The fact that mymodel.yaml exists in two separate spots in the hierarchy (model-base/model/schema AND model_base/model/schema) has led to confusion, where people end up editing the readonly model copy and the next make run wipes the changes out.

The second issue with the current configuration is that mymodel.yaml, mymodel.json and mymodel.ttl are all representations of "mymodel", ant it isn't really necessary that YAML be the source. Especially when we introduce ".csv" and other possible formats, it may be of value to maintain the official source in some other syntax.

First approach

There is a pull request in linkml-model (which, in this context, is just another instance of "mymodel") that removes the model-base/model directory and keeps the source in the PyPi image (model_base above and linkml_model). Upon closer examination, it isn't obvious that this is the path we want to take, the reasons being: 1) json/mymodel.json, rdf/mymodel.ttl and model\schema\mymodel.yaml all represent different forms of the same thing. Why are we treating them any different. 2) This approach muddles what seems like a good principle - that _everything in the PyPi (model_base) is read only.

Proposal

1) We return to the previous layout, where the docs and model_base directories are auto-generated. The model source files are contained entirely in the base model directory. 2) We remove the model directory from model_base 3) We add a model_base/yaml directory, which contains the YAML representation of the model 4) Model source definitions in the model/schema directory can be any of the allowable formats (yaml, json, rdf, csv (when finished), etc.) 5) We need to decide whether all of the yaml/json/rdf/csv directories in the PyPi image (model_base/ directory) should be generated or whether the exact source image is maintained instead or both.

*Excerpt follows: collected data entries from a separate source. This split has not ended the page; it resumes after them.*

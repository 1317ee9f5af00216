-- ===== src/Sync/Mcslock/Keeps.antt =====
-- An access of processor `who` keeps each field of `IsQueue`.
use twan.Base.{ℕ, ◌+◌, ◌≤◌, ◌<◌, ◌≡◌, refl, true, none, some, arith, update, dec_lt}
use twan.Sync.Mcslock.{
  Mcslock, queued, Pc, outside, ready, link, await, release, await_next, hand, Move, swap_free,
  swap_queued, set_link, enter, no_next, has_next, swap_out, swap_fails, next_came, hand_over,
}
use twan.Sync.Mcslock.Queue.{IsPlace, IsTail, RankHeld, IsQueue}

-- The ranks and counts after a step from `x` to `y`.
abbrev next_rank : (rank : ℕ → ℕ) (count who : ℕ) → Pc → ℕ → ℕ
next_rank rank count who ready = update rank who count
next_rank rank count who _ = rank

abbrev next_count : (count : ℕ) → Pc → ℕ
next_count count ready = count + 1
next_count count _ = count

abbrev next_served : (served : ℕ) → Pc → Pc → ℕ
next_served served release outside = served + 1
next_served served (hand _) _ = served + 1
next_served served _ _ = served

module _ {m : Mcslock} {procs : ℕ → Pc} (ok : IsQueue m procs) (who : ℕ) where
  open ok use {
    rank, served, count, served_le, ranks_fit, one_rank, last, places, behind, linked, unlinked,
    each_held, followed,
  }

  -- Processor `who` stands at `x`.
  record At (x : Pc) : Type 0 where
    was : procs who ≡ x
    knows : IsPlace m rank served who x
    fits : queued x ≡ true → (served ≤ rank who) × (rank who < count)

  place-At : At (procs who)
  place-At = record { was = refl; knows = places who; fits = ranks_fit who }

  still_fit :
      (i : ℕ) {x y : Pc} {after : Mcslock}
      → At x
      → Move who m x after y
      → queued (update procs who y i) ≡ true
      → (next_served served x y ≤ next_rank rank count who x i)
        × (next_rank rank count who x i < next_count count x)
  still_fit i go (swap_free e) = ground (arith, ranks_fit i, served_le)
  still_fit i go access = ground (arith, ranks_fit i, one_rank who i, served_le)

  still_one_rank :
      (i j : ℕ) {x y : Pc} {after : Mcslock}
      → At x
      → Move who m x after y
      → queued (update procs who y i) ≡ true
      → queued (update procs who y j) ≡ true
      → next_rank rank count who x i ≡ next_rank rank count who x j
      → i ≡ j
  still_one_rank i j go (swap_free e) = ground (arith, one_rank i j, ranks_fit i, ranks_fit j)
  still_one_rank i j go access = ground (arith, one_rank i j, ranks_fit i, ranks_fit j)

  still_last :
      {x y : Pc} {after : Mcslock}
      → At x
      → Move who m x after y
      → IsTail
          (update procs who y)
          (next_rank rank count who x)
          (next_served served x y)
          (next_count count x)
          after.tail
  still_last go (swap_free e) = ground arith
  still_last go (swap_queued e) = ground arith
  still_last go (swap_out e) = ground (arith, last)
  still_last go (hand_over {next}) = ground (arith, last, linked who next, ranks_fit next)
  still_last go access = ground (arith, last)

  still_served_le :
      {x y : Pc} {after : Mcslock}
      → At x
      → Move who m x after y
      → next_served served x y ≤ next_count count x
  still_served_le go (swap_free e) = ground (arith, served_le)
  still_served_le go access = ground (arith, served_le)

  still_behind :
      (i prev : ℕ) {x y : Pc} {after : Mcslock}
      → At x
      → Move who m x after y
      → update procs who y i ≡ link prev
      → (queued (update procs who y prev) ≡ true)
        × (next_rank rank count who x i ≡ next_rank rank count who x prev + 1)
  still_behind i prev go (swap_free e) = ground (arith, behind i prev, ranks_fit prev)
  still_behind i prev go (swap_queued e) = ground (arith, behind i prev, ranks_fit prev, last)
  still_behind i prev go (swap_out e) = ground (arith, behind i prev, last, ranks_fit i)
  still_behind i prev go (hand_over {next}) =
      ground (arith, behind i prev, linked who next, one_rank i next)
  still_behind i prev go access = ground (arith, behind i prev)

  still_linked :
      (i next : ℕ) {x y : Pc} {after : Mcslock}
      → At x
      → Move who m x after y
      → queued (update procs who y i) ≡ true
      → after.next i ≡ some next
      → (update procs who y next ≡ await)
        × (next_rank rank count who x next ≡ next_rank rank count who x i + 1)
  still_linked i next go (set_link {prev}) = ground (arith, linked i next, behind who prev)
  still_linked i next go (enter e) = ground (arith, linked i next, ranks_fit i)
  still_linked i next go access = ground (arith, linked i next, ranks_fit i)

  still_unlinked :
      (i j : ℕ) {x y : Pc} {after : Mcslock}
      → At x
      → Move who m x after y
      → queued (update procs who y i) ≡ true
      → queued (update procs who y j) ≡ true
      → next_rank rank count who x j ≡ next_rank rank count who x i + 1
      → after.next i ≡ none
      → update procs who y j ≡ link i
  still_unlinked i j go (set_link {prev}) =
      ground (arith, unlinked i j, behind who prev, one_rank i prev)
  still_unlinked i j go (swap_free e) = ground (arith, unlinked i j, ranks_fit i, ranks_fit j, last)
  still_unlinked i j go (swap_queued {prev} e) =
      ground (arith, unlinked i j, ranks_fit i, ranks_fit j, last, one_rank i prev)
  still_unlinked i j go access = ground (arith, unlinked i j, ranks_fit i)

  still_held :
      (r : ℕ) {x y : Pc} {after : Mcslock}
      → At x
      → Move who m x after y
      → next_served served x y ≤ r
      → r < next_count count x
      → RankHeld (update procs who y) (next_rank rank count who x) r
  still_held r go (swap_free e) l h = elim (dec_lt r count) [
    | no new ↦ (who, ground arith, ground arith)
    | yes old ↦ let (i, has, at) = each_held r l old in (i, ground arith, ground arith)
  ]
  still_held r go (swap_queued e) l h = elim (dec_lt r count) [
    | no new ↦ (who, ground arith, ground arith)
    | yes old ↦ let (i, has, at) = each_held r l old in (i, ground arith, ground arith)
  ]
  still_held r go access l h =
      let (i, has, at) = each_held r (omega arith) h in (i, ground arith, ground arith)

  not_linked : (prev : ℕ) → procs who ≡ link prev → m.next prev ≡ none
  not_linked prev e =
      elim (m.next prev) as (λ x. m.next prev ≡ x → m.next prev ≡ none) [
        | none ↦ λ q. q
        | some next ↦
            λ q. absurd (ground (arith, behind who prev, linked prev next, one_rank next who))
      ]
        refl

  still_places :
      (i : ℕ) {x y : Pc} {after : Mcslock}
      → At x
      → Move who m x after y
      → IsPlace after (next_rank rank count who x) (next_served served x y) i (update procs who y i)
  still_places i go (swap_out e) = ground (arith, places i, last, ranks_fit i, one_rank i who)
  still_places i go (hand_over {next}) =
      ground (arith, places i, linked who next, one_rank i next, one_rank i who)
  still_places i go (set_link {prev}) =
      ground (arith, places i, behind who prev, ranks_fit prev, not_linked prev go.was)
  still_places i go (enter e) = ground (arith, places i)
  still_places i go (no_next e) = ground (arith, places i)
  still_places i go (has_next e) = ground (arith, places i)
  still_places i go (next_came e) = ground (arith, places i)
  still_places i go (swap_free e) = ground (arith, places i)
  still_places i go access = ground (arith, places i)

  still_followed :
      (i : ℕ) {x y : Pc} {after : Mcslock}
      → At x
      → Move who m x after y
      → update procs who y i ≡ await_next
      → next_rank rank count who x i + 1 < next_count count x
  still_followed i go (swap_free e) = ground (arith, followed i)
  still_followed i go (swap_fails e) =
      elim m.tail
          as (λ x. m.tail ≡ x → update procs who await_next i ≡ await_next → rank i + 1 < count) [
            | none ↦ λ q h. ground (arith, followed i, last)
            | some j ↦ λ q h. ground (arith, followed i, last, one_rank j who)
          ]
        refl
  still_followed i go access = ground (arith, followed i)

  pub access-IsQueue :
      {y : Pc} {after : Mcslock}
      → Move who m (procs who) after y
      → IsQueue after (update procs who y)
  access-IsQueue {y} access = record {
    rank = next_rank rank count who (procs who);
    served = next_served served (procs who) y;
    count = next_count count (procs who);
    served_le = still_served_le place-At access;
    ranks_fit = λ i. still_fit i place-At access;
    one_rank = λ i j. still_one_rank i j place-At access;
    last = still_last place-At access;
    places = λ i. still_places i place-At access;
    behind = λ i prev. still_behind i prev place-At access;
    linked = λ i next. still_linked i next place-At access;
    unlinked = λ i j. still_unlinked i j place-At access;
    each_held = λ r. still_held r place-At access;
    followed = λ i. still_followed i place-At access;
  }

WRT item 5, the question would be, were our model/schema directory to contain "mytypes.yaml" and "mymodel.json", would model_base/yaml contain the source mytypes.yaml and the generated mymodel.json and the mymodel/json directory, the generated mytypes.yaml and the source mymodel.json, or whether everything would be generated or whether we had some way to differentiate source from generated.

My own 2 cents on this question is that there isn't any real need to maintain the official source in the pypi distro -- that, as long as our generated YAML is faithful to the original (which it danged well should be), we shouldn't concern ourselves wither imports: [- mymodel:mytypes ] references yaml, json, rdf or something else and whether the import exactly matches the source line for line

Note: - I tried to find some way to tell setup.py that it needed emit model-base/model/schema as model_base/model/schema, but this seems to be a step too far for the generic setup utilities.

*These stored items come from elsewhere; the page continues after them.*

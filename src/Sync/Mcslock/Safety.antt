-- ===== src/Sync/Mcslock/Safety.antt =====
-- What holds in every reachable state of `n` processors on one lock, each with a node of its own.
use twan.Base.{ℕ, ◌+◌, ◌≡◌, ◌≢◌, refl, true, none, some, arith}
use twan.Sync.Interleave.{System, Reach, Reach-kept}
use twan.Sync.Mcslock.{
  Mcslock, mcslock_init, Pc, outside, init_next, ready, await_next, Move, owns, CanGo, queued,
  target,
}
use twan.Sync.Mcslock.Queue.{IsQueue}
use twan.Sync.Mcslock.Keeps.{access-IsQueue}

-- after `mcslock_init`, with nobody inside
abbrev pub initial : Mcslock → System Mcslock Pc
initial lock = record { procs = λ who. outside; mem = mcslock_init lock }

abbrev pub Runs : (n : ℕ) → Mcslock → System Mcslock Pc → Type 0
Runs n lock = Reach Move n (initial lock)

IsQueue-initial : (lock : Mcslock) → IsQueue (initial lock).mem (initial lock).procs
unfolding mcslock_init
IsQueue-initial lock = record {
  rank = λ i. 0;
  served = 0;
  count = 0;
  served_le = omega arith;
  ranks_fit = λ i q. cc;
  one_rank = λ i j q. cc;
  last = refl;
  places = λ i. tt;
  behind = λ i prev q. cc;
  linked = λ i next q. cc;
  unlinked = λ i j q. cc;
  each_held = λ r l h. absurd (omega (arith, l, h));
  followed = λ i q. cc;
}

module _ {n : ℕ} (lock : Mcslock) {s : System Mcslock Pc} (r : Runs n lock s) where
  queue : IsQueue s.mem s.procs
  queue =
      Reach-kept Move n (λ t. IsQueue t.mem t.procs) (IsQueue-initial lock)
        (λ who before after place in_range access ok. access-IsQueue ok who access) r

  -- Of any number of processors that call `mcsnode_init`, `__mcs_lock` and `__mcs_unlock` in turn, each on its own
  -- node and in any interleaving of their accesses, two never have the lock together.
  pub one_owner : (i j : ℕ) → owns (s.procs i) ≡ true → owns (s.procs j) ≡ true → i ≡ j
  one_owner i j in_i in_j =
      let ok = queue in ground (arith, ok.one_rank i j, ok.places i, ok.places j)

  -- A processor that is about to write into the node of another, in `__mcs_lock` or `__mcs_unlock`, finds that one
  -- still inside: between its exchange of the tail and the end of its `__mcs_unlock`.
  pub target-queued : (i k : ℕ) → target (s.procs i) ≡ some k → queued (s.procs k) ≡ true
  target-queued i k e = let ok = queue in ground (arith, ok.behind i k, ok.places i, ok.linked i k)

  Going : Type 0
  Going = (j : ℕ) × CanGo j s.mem (s.procs j)

  -- An owner that waits for the next node: who comes next has shown itself or is about to.
  next_goes : (j : ℕ) → s.procs j ≡ await_next → Going
  unfolding Going
  next_goes j e =
      let ok = queue in
      elim (s.mem.next j) as (λ x. s.mem.next j ≡ x → Going) [
        | some k ↦ λ q. (j, ground arith)
        | none ↦ λ q.
            let (k, in_k, ranked) =
              ok.each_held (ok.rank j + 1) (ground (arith, ok.places j)) (ok.followed j e) in
            (k, ground (arith, ok.unlinked j k, ok.places j))
      ]
        refl

  first_goes : (i : ℕ) → queued (s.procs i) ≡ true → Going
  unfolding Going
  first_goes i inside =
      let ok = queue in
      let (j, in_j, first) =
        ok.each_held ok.served (omega arith) (omega (arith, ok.ranks_fit i inside)) in
      elim (s.procs j) as (λ x. s.procs j ≡ x → Going) [
        | await_next ↦ λ e. next_goes j e
        | _ ↦ λ e. (j, ground (arith, ok.places j))
      ]
        refl

  -- No deadlock: while any processor waits or has the lock, one can go on: it has the lock, or waits for nothing, or
  -- what it waits for has come.
  pub waiter_progress : (i : ℕ) → s.procs i ≢ outside → (j : ℕ) × CanGo j s.mem (s.procs j)
  unfolding Going
  waiter_progress i inside =
      elim (s.procs i) as (λ x. s.procs i ≡ x → Going) [
        | init_next ↦ λ e. (i, ground arith)
        | ready ↦ λ e. (i, ground arith)
        | _ ↦ λ e. first_goes i (ground arith)
      ]
        refl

hsolbrig commented 3 years ago

Addendum:

The reason that we're so concerned about a fixed layout and by what goes into PyPi is that we want to be able to do the following:

id: https://example.org/myproject/mymodel

prefixes:
    linkml: https://w3id.org/linkml/
    yourmodel:  https://example.org/yourproject/yourmodel/

imports:
    - mysubmodel
    - yourmodel:yourschema
    - linkml:types
    - linkml:extensions

Right now the linkml prefix is hard-coded in the linkml generators. IF https://example.org/yourproject/yourmodel/yourschema.yaml (or, eventually, .json, .rdf, .csv) is accessible over the web, everything works. The following:

Pipfile:
     linkml-runtime = "*"
     your-model = "*"
          ...

won't know where to get a copy of "yourschema.yaml" unless we have a known layout in the site-packages sub-directory.

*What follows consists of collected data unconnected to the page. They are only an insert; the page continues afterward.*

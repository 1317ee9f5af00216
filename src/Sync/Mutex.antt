-- ===== src/Sync/Mutex.antt =====
-- subsys/sync/mutex.c: the mutex that raises its holder to a ceiling. A task is a number, and `none` is NULL. The wait
-- queue stands here as the set of the tasks that entered it and were not taken out: whom of them `waitq_wakeup_front` takes,
-- or whether it takes any, is left open. Of the tree behind the queue it is assumed that it gives out no other task.
pub mod Holding
pub mod Keeps
pub mod Safety
pub mod Nesting
use twan.Base.{
  ℕ, ◌+◌, ◌-◌, ◌^◌, ◌%◌, ◌<◌, ◌≤◌, ◌≡◌, ◌≢◌, Bool, true, false, Option, none, some, ◌==◌, ltb,
  if◌then◌else◌, update,
}

-- a priority and a criticality
pub record Level : Type 0 where
  pub priority : ℕ
  pub criticality : ℕ

-- `struct mutex_ipcp` without the wait queue
pub record Mutex : Type 0 where
  pub ceiling : Level
  pub last : Level
  pub holder : Option ℕ
  pub count : ℕ

-- the mutex, its wait queue, and the levels that the tasks run at
pub record Mem : Type 0 where
  pub mutex : Mutex
  pub waiting : ℕ → Bool
  pub levels : ℕ → Level

-- `INITIALIZE_MUTEX_IPCP`, whose wait queue is empty; `levels` are those that the tasks run at.
abbrev pub initialize_mutex_ipcp : (ceiling : Level) (levels : ℕ → Level) → Mem
initialize_mutex_ipcp ceiling levels = record {
  mutex = record {
    ceiling = ceiling;
    last = record { priority = 0; criticality = 0 };
    holder = none;
    count = 0;
  };
  waiting = λ _. false;
  levels = levels;
}

-- `current_task_write` of task `me`
abbrev pub current_task_write : (me : ℕ) → Mem → Level → Mem
current_task_write me m level = record m { levels = update m.levels me level }

abbrev pub take_over : (me : ℕ) → Mem → Mem
take_over me m = record (current_task_write me m m.mutex.ceiling) {
  mutex = record m.mutex { holder = some me; last = m.levels me; count = 1 };
}

abbrev pub trylock_held : (me : ℕ) → Mem → Option ℕ → Bool × Mem
trylock_held me m none = (true, take_over me m)
trylock_held me m (some holder) =
    if holder == me
    then (true, record m { mutex = record m.mutex { count = (m.mutex.count + 1) % 2 ^ 64 } })
    else (false, m)

abbrev pub mutex_ipcp_trylock : (me : ℕ) → Mem → Bool × Mem
mutex_ipcp_trylock me m = trylock_held me m m.mutex.holder

-- The condition of the wait in `mutex_ipcp_lock`, and what follows the wait.
abbrev pub finish : (saved : Level) → Bool × Mem → Bool × Mem
finish saved (false, m) = (false, m)
finish saved (true, m) = (true, record m { mutex = record m.mutex { last = saved } })

abbrev pub lock_attempt : (me : ℕ) (saved : Level) → Mem → Bool × Mem
lock_attempt me saved m = finish saved (mutex_ipcp_trylock me m)

-- `mutex_ipcp_lock` up to the first test of the condition: with true it returns, with false it waits.
abbrev pub mutex_ipcp_lock : (me : ℕ) → Mem → Bool × Mem
mutex_ipcp_lock me m = lock_attempt me (m.levels me) (current_task_write me m m.mutex.ceiling)

abbrev pub waitq_remove : Option ℕ → (ℕ → Bool) → ℕ → Bool
waitq_remove none waiting = waiting
waitq_remove (some task) waiting = update waiting task false

-- `mutex_ipcp_unlock`, where `waitq_wakeup_front` takes `woken` and stores it as the holder
abbrev pub mutex_ipcp_unlock : (me : ℕ) (woken : Option ℕ) → Mem → Mem
mutex_ipcp_unlock me woken m =
    let count = m.mutex.count - 1 in
    if ltb 0 count
    then record m { mutex = record m.mutex { count = count } }
    else record (current_task_write me m m.mutex.last) {
      mutex = record m.mutex { count = count; holder = woken };
      waiting = waitq_remove woken m.waiting;
    }

-- Where a task stands; `depth` is how often it has locked the mutex and not yet unlocked it.
pub data Pc : Type 0 where
  outside : Pc
  locking : (depth : ℕ) (saved : Level) → Pc  -- in `mutex_ipcp_lock`, before the test of the condition
  asleep : (depth : ℕ) (saved : Level) → Pc  -- in `mutex_ipcp_lock`, in the wait queue or just taken out of it
  inside : (depth : ℕ) → Pc

-- One step of task `me`. The test of the condition and the entry into the queue are one step, under the queue's lock. The
-- bounds on `count` are assertions of the code. The last unlock takes a task that entered the queue, or nobody.
pub data Move (me : ℕ) (m : Mem) : Pc → Mem → Pc → Type 0 where
  begin : Move me m outside (current_task_write me m m.mutex.ceiling) (locking 0 (m.levels me))
  begin_nested :
      {depth : ℕ}
      → Move me m
          (inside depth)
          (current_task_write me m m.mutex.ceiling)
          (locking depth (m.levels me))
  enter :
      {depth : ℕ} {saved : Level}
      → (lock_attempt me saved m).0 ≡ true
      → m.mutex.count + 1 < 2 ^ 64
      → Move me m (locking depth saved) (lock_attempt me saved m).1 (inside (depth + 1))
  sleep :
      {depth : ℕ} {saved : Level}
      → (lock_attempt me saved m).0 ≡ false
      → Move me m
          (locking depth saved)
          (record m { waiting = update m.waiting me true })
          (asleep depth saved)
  wake :
      {depth : ℕ} {saved : Level}
      → m.waiting me ≡ false
      → Move me m (asleep depth saved) m (locking depth saved)
  try :
      (mutex_ipcp_trylock me m).0 ≡ true
      → m.mutex.count + 1 < 2 ^ 64
      → Move me m outside (mutex_ipcp_trylock me m).1 (inside 1)
  try_nested :
      {depth : ℕ}
      → (mutex_ipcp_trylock me m).0 ≡ true
      → m.mutex.count + 1 < 2 ^ 64
      → Move me m (inside depth) (mutex_ipcp_trylock me m).1 (inside (depth + 1))
  try_fails : (mutex_ipcp_trylock me m).0 ≡ false → Move me m outside m outside
  unlock_nested :
      {depth : ℕ}
      → 1 < m.mutex.count
      → Move me m (inside depth) (mutex_ipcp_unlock me none m) (inside (depth - 1))
  unlock :
      {depth : ℕ}
      → m.mutex.count ≤ 1
      → Move me m (inside depth) (mutex_ipcp_unlock me none m) outside
  unlock_wakes :
      {depth : ℕ}
      → (woken : ℕ) → m.mutex.count ≤ 1
      → m.waiting woken ≡ true
      → Move me m (inside depth) (mutex_ipcp_unlock me (some woken) m) outside

-- inside, or between a lock and a nested one
abbrev pub depth_of : Pc → ℕ
depth_of (locking depth saved) = depth
depth_of (inside depth) = depth
depth_of _ = 0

hsolbrig commented 3 years ago

Addendum 2:

The newest linkml_mode distribution has one additional file, linkml_files.py that provides the the additional information needed by importing packages. Examples of how it can be used can be found in test_linkml_files.py. This could easily be generalized in a way that the LinkML SchemaLoader could search the environment and aggregate the information in the linkml_files.py equivalent, which would allow us to import the versions of particular models we wanted to use or extend.